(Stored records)

——

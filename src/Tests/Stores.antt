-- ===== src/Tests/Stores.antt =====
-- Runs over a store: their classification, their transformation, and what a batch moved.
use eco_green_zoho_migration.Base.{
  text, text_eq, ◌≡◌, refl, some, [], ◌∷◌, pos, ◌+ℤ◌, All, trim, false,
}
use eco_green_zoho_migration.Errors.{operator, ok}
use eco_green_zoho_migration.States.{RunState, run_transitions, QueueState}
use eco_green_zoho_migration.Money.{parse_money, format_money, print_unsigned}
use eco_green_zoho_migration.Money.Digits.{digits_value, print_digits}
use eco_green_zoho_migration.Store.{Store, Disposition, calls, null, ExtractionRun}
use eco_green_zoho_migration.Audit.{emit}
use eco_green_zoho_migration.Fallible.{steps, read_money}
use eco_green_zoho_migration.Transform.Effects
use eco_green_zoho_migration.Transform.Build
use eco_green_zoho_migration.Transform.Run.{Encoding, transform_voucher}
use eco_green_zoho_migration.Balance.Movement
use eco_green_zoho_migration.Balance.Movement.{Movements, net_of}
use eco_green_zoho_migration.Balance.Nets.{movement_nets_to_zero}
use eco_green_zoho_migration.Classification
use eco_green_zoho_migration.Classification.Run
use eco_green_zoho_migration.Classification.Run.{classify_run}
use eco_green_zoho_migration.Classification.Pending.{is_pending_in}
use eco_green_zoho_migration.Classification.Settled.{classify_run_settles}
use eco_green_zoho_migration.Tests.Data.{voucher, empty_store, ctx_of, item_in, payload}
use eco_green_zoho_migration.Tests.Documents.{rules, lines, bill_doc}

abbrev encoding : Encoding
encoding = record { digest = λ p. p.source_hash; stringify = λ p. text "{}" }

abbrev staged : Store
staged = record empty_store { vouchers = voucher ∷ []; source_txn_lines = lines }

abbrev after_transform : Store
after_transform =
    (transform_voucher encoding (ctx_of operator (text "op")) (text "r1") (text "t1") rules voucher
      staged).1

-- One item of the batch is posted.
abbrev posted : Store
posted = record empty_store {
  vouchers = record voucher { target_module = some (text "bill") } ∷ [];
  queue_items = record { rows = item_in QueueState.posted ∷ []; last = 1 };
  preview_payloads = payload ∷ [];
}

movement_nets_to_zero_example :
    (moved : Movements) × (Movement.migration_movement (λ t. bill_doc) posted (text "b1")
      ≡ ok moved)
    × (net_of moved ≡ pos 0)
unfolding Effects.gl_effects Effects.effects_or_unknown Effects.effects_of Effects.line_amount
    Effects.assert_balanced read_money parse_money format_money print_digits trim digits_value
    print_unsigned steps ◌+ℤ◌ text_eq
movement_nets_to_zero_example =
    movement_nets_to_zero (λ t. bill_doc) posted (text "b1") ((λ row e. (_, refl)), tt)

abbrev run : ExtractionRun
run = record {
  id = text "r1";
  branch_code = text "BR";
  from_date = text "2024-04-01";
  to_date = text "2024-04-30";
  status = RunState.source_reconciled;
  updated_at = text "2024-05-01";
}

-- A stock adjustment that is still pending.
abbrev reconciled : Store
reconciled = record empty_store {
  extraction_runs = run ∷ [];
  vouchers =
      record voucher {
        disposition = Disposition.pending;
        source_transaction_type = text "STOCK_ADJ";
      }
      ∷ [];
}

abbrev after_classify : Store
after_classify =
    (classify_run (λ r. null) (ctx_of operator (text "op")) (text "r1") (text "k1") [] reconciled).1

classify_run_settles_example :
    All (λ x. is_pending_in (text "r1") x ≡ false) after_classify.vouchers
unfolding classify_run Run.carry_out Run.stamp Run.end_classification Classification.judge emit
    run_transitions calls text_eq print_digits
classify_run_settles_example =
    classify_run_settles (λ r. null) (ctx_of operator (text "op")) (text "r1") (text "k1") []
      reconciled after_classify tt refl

——

EXERCISE REQUIREMENTS: Send back, unchanged, every line of the records from the one with "branch_code = text" through the last.

EXPECTED ANSWER:
  branch_code = text "BR";
  from_date = text "2024-04-01";
  to_date = text "2024-04-30";
  status = RunState.source_reconciled;
  updated_at = text "2024-05-01";
}

-- A stock adjustment that is still pending.
abbrev reconciled : Store
reconciled = record empty_store {
  extraction_runs = run ∷ [];
  vouchers =
      record voucher {
        disposition = Disposition.pending;
        source_transaction_type = text "STOCK_ADJ";
      }
      ∷ [];
}

abbrev after_classify : Store
after_classify =
    (classify_run (λ r. null) (ctx_of operator (text "op")) (text "r1") (text "k1") [] reconciled).1

classify_run_settles_example :
    All (λ x. is_pending_in (text "r1") x ≡ false) after_classify.vouchers
unfolding classify_run Run.carry_out Run.stamp Run.end_classification Classification.judge emit
    run_transitions calls text_eq print_digits
classify_run_settles_example =
    classify_run_settles (λ r. null) (ctx_of operator (text "op")) (text "r1") (text "k1") []
      reconciled after_classify tt refl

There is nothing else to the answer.